** To do **
All entries must be returned precisely as they appear.

** Records for this task **
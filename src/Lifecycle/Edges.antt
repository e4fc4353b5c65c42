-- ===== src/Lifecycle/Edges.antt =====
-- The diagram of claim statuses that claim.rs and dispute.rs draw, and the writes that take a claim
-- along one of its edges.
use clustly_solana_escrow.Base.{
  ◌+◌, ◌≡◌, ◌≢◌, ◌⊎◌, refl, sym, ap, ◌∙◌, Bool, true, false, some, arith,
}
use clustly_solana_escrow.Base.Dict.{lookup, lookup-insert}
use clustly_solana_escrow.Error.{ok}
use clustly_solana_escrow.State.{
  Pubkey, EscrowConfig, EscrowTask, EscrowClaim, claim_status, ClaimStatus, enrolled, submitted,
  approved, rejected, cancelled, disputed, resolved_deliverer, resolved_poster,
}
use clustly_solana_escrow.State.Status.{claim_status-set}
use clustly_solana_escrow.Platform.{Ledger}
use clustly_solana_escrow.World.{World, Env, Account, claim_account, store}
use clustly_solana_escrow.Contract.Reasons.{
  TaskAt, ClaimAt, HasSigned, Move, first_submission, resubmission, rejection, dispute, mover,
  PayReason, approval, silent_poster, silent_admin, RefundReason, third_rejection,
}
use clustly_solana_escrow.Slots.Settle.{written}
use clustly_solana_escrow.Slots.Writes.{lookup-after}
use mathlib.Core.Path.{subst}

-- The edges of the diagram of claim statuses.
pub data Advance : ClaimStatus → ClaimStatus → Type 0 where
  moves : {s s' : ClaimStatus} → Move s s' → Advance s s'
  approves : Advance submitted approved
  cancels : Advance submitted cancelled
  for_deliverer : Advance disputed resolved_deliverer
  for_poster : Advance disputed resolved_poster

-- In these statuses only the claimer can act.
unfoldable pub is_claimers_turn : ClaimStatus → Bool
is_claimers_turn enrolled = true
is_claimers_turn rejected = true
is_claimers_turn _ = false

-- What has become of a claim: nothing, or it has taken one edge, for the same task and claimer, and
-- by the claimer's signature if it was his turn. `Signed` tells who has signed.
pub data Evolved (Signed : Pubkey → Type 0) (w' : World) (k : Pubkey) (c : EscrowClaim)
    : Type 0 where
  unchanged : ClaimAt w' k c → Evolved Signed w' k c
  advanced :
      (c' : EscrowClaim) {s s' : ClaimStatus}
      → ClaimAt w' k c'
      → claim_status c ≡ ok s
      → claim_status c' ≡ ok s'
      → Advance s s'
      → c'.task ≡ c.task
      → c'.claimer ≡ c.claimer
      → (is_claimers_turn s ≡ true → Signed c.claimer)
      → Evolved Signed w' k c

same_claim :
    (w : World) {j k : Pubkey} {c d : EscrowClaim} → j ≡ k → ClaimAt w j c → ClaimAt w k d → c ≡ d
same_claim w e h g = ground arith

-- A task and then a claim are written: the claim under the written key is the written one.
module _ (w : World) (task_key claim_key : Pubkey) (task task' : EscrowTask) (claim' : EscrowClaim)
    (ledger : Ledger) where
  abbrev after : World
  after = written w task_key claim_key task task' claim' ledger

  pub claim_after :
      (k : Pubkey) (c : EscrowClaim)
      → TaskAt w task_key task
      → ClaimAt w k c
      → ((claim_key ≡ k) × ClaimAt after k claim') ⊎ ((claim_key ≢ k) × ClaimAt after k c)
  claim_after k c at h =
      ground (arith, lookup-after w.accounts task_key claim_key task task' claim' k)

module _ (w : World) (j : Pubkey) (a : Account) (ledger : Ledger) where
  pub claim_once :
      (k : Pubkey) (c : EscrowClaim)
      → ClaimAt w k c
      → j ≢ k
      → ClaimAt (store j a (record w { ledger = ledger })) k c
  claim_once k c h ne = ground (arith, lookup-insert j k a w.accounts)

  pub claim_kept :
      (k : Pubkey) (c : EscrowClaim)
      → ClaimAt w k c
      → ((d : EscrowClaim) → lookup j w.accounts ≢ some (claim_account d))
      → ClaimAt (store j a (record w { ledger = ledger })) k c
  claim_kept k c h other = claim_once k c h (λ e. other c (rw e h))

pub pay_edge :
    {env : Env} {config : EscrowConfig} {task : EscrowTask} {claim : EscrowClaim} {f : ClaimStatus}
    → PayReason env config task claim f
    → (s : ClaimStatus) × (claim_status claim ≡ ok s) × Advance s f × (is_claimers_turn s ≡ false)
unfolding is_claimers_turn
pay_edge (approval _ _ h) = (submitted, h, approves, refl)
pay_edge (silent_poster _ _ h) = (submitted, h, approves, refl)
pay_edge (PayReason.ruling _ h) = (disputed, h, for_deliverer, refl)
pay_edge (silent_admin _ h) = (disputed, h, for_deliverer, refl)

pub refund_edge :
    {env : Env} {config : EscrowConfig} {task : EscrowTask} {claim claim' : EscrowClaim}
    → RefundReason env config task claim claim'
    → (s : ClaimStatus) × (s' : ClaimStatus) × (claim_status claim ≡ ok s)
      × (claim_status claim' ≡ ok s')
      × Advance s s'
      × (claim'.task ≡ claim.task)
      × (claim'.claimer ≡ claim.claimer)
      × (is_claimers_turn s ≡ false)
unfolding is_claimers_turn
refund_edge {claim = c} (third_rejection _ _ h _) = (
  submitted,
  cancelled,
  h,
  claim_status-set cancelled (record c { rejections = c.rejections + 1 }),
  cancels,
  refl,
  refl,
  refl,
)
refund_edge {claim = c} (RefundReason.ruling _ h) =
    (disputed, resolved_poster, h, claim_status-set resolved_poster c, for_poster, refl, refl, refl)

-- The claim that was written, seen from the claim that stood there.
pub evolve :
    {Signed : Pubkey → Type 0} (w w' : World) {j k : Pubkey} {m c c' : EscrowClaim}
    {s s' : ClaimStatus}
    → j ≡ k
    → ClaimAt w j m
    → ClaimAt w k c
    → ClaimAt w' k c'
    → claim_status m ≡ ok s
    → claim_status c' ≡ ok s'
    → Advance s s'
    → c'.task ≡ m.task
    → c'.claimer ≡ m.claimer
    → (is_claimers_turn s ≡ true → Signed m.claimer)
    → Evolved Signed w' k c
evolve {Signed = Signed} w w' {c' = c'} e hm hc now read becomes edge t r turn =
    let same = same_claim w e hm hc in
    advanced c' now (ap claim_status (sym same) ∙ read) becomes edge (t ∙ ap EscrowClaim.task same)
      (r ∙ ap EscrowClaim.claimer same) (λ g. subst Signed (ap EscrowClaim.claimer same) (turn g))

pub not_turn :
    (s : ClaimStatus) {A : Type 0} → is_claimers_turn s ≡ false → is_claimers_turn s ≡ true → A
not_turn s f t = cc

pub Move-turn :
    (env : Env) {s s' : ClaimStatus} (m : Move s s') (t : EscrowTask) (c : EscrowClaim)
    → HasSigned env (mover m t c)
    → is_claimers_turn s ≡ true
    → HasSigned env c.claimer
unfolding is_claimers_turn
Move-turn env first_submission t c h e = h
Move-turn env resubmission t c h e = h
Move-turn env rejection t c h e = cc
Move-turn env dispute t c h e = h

** Response to the task **
filename src/Lifecycle/Edges.antt
repository e4fc4353b5c65c42
-- ===== src/Lifecycle/Edges.antt =====
-- The diagram of claim statuses that claim.rs and dispute.rs draw, and the writes that take a claim
-- along one of its edges.
use clustly_solana_escrow.Base.{
  ◌+◌, ◌≡◌, ◌≢◌, ◌⊎◌, refl, sym, ap, ◌∙◌, Bool, true, false, some, arith,
}
use clustly_solana_escrow.Base.Dict.{lookup, lookup-insert}
use clustly_solana_escrow.Error.{ok}
use clustly_solana_escrow.State.{
  Pubkey, EscrowConfig, EscrowTask, EscrowClaim, claim_status, ClaimStatus, enrolled, submitted,
  approved, rejected, cancelled, disputed, resolved_deliverer, resolved_poster,
}
use clustly_solana_escrow.State.Status.{claim_status-set}
use clustly_solana_escrow.Platform.{Ledger}
use clustly_solana_escrow.World.{World, Env, Account, claim_account, store}
use clustly_solana_escrow.Contract.Reasons.{
  TaskAt, ClaimAt, HasSigned, Move, first_submission, resubmission, rejection, dispute, mover,
  PayReason, approval, silent_poster, silent_admin, RefundReason, third_rejection,
}
use clustly_solana_escrow.Slots.Settle.{written}
use clustly_solana_escrow.Slots.Writes.{lookup-after}
use mathlib.Core.Path.{subst}

-- The edges of the diagram of claim statuses.
pub data Advance : ClaimStatus → ClaimStatus → Type 0 where
  moves : {s s' : ClaimStatus} → Move s s' → Advance s s'
  approves : Advance submitted approved
  cancels : Advance submitted cancelled
  for_deliverer : Advance disputed resolved_deliverer
  for_poster : Advance disputed resolved_poster

-- In these statuses only the claimer can act.
unfoldable pub is_claimers_turn : ClaimStatus → Bool
is_claimers_turn enrolled = true
is_claimers_turn rejected = true
is_claimers_turn _ = false

-- What has become of a claim: nothing, or it has taken one edge, for the same task and claimer, and
-- by the claimer's signature if it was his turn. `Signed` tells who has signed.
pub data Evolved (Signed : Pubkey → Type 0) (w' : World) (k : Pubkey) (c : EscrowClaim)
    : Type 0 where
  unchanged : ClaimAt w' k c → Evolved Signed w' k c
  advanced :
      (c' : EscrowClaim) {s s' : ClaimStatus}
      → ClaimAt w' k c'
      → claim_status c ≡ ok s
      → claim_status c' ≡ ok s'
      → Advance s s'
      → c'.task ≡ c.task
      → c'.claimer ≡ c.claimer
      → (is_claimers_turn s ≡ true → Signed c.claimer)
      → Evolved Signed w' k c

same_claim :
    (w : World) {j k : Pubkey} {c d : EscrowClaim} → j ≡ k → ClaimAt w j c → ClaimAt w k d → c ≡ d
same_claim w e h g = ground arith

-- A task and then a claim are written: the claim under the written key is the written one.
module _ (w : World) (task_key claim_key : Pubkey) (task task' : EscrowTask) (claim' : EscrowClaim)
    (ledger : Ledger) where
  abbrev after : World
  after = written w task_key claim_key task task' claim' ledger

  pub claim_after :
      (k : Pubkey) (c : EscrowClaim)
      → TaskAt w task_key task
      → ClaimAt w k c
      → ((claim_key ≡ k) × ClaimAt after k claim') ⊎ ((claim_key ≢ k) × ClaimAt after k c)
  claim_after k c at h =
      ground (arith, lookup-after w.accounts task_key claim_key task task' claim' k)

module _ (w : World) (j : Pubkey) (a : Account) (ledger : Ledger) where
  pub claim_once :
      (k : Pubkey) (c : EscrowClaim)
      → ClaimAt w k c
      → j ≢ k
      → ClaimAt (store j a (record w { ledger = ledger })) k c
  claim_once k c h ne = ground (arith, lookup-insert j k a w.accounts)

  pub claim_kept :
      (k : Pubkey) (c : EscrowClaim)
      → ClaimAt w k c
      → ((d : EscrowClaim) → lookup j w.accounts ≢ some (claim_account d))
      → ClaimAt (store j a (record w { ledger = ledger })) k c
  claim_kept k c h other = claim_once k c h (λ e. other c (rw e h))

pub pay_edge :
    {env : Env} {config : EscrowConfig} {task : EscrowTask} {claim : EscrowClaim} {f : ClaimStatus}
    → PayReason env config task claim f
    → (s : ClaimStatus) × (claim_status claim ≡ ok s) × Advance s f × (is_claimers_turn s ≡ false)
unfolding is_claimers_turn
pay_edge (approval _ _ h) = (submitted, h, approves, refl)
pay_edge (silent_poster _ _ h) = (submitted, h, approves, refl)
pay_edge (PayReason.ruling _ h) = (disputed, h, for_deliverer, refl)
pay_edge (silent_admin _ h) = (disputed, h, for_deliverer, refl)

pub refund_edge :
    {env : Env} {config : EscrowConfig} {task : EscrowTask} {claim claim' : EscrowClaim}
    → RefundReason env config task claim claim'
    → (s : ClaimStatus) × (s' : ClaimStatus) × (claim_status claim ≡ ok s)
      × (claim_status claim' ≡ ok s')
      × Advance s s'
      × (claim'.task ≡ claim.task)
      × (claim'.claimer ≡ claim.claimer)
      × (is_claimers_turn s ≡ false)
unfolding is_claimers_turn
refund_edge {claim = c} (third_rejection _ _ h _) = (
  submitted,
  cancelled,
  h,
  claim_status-set cancelled (record c { rejections = c.rejections + 1 }),
  cancels,
  refl,
  refl,
  refl,
)
refund_edge {claim = c} (RefundReason.ruling _ h) =
    (disputed, resolved_poster, h, claim_status-set resolved_poster c, for_poster, refl, refl, refl)

-- The claim that was written, seen from the claim that stood there.
pub evolve :
    {Signed : Pubkey → Type 0} (w w' : World) {j k : Pubkey} {m c c' : EscrowClaim}
    {s s' : ClaimStatus}
    → j ≡ k
    → ClaimAt w j m
    → ClaimAt w k c
    → ClaimAt w' k c'
    → claim_status m ≡ ok s
    → claim_status c' ≡ ok s'
    → Advance s s'
    → c'.task ≡ m.task
    → c'.claimer ≡ m.claimer
    → (is_claimers_turn s ≡ true → Signed m.claimer)
    → Evolved Signed w' k c
evolve {Signed = Signed} w w' {c' = c'} e hm hc now read becomes edge t r turn =
    let same = same_claim w e hm hc in
    advanced c' now (ap claim_status (sym same) ∙ read) becomes edge (t ∙ ap EscrowClaim.task same)
      (r ∙ ap EscrowClaim.claimer same) (λ g. subst Signed (ap EscrowClaim.claimer same) (turn g))

pub not_turn :
    (s : ClaimStatus) {A : Type 0} → is_claimers_turn s ≡ false → is_claimers_turn s ≡ true → A
not_turn s f t = cc

pub Move-turn :
    (env : Env) {s s' : ClaimStatus} (m : Move s s') (t : EscrowTask) (c : EscrowClaim)
    → HasSigned env (mover m t c)
    → is_claimers_turn s ≡ true
    → HasSigned env c.claimer
unfolding is_claimers_turn
Move-turn env first_submission t c h e = h
Move-turn env resubmission t c h e = h
Move-turn env rejection t c h e = cc
Move-turn env dispute t c h e = h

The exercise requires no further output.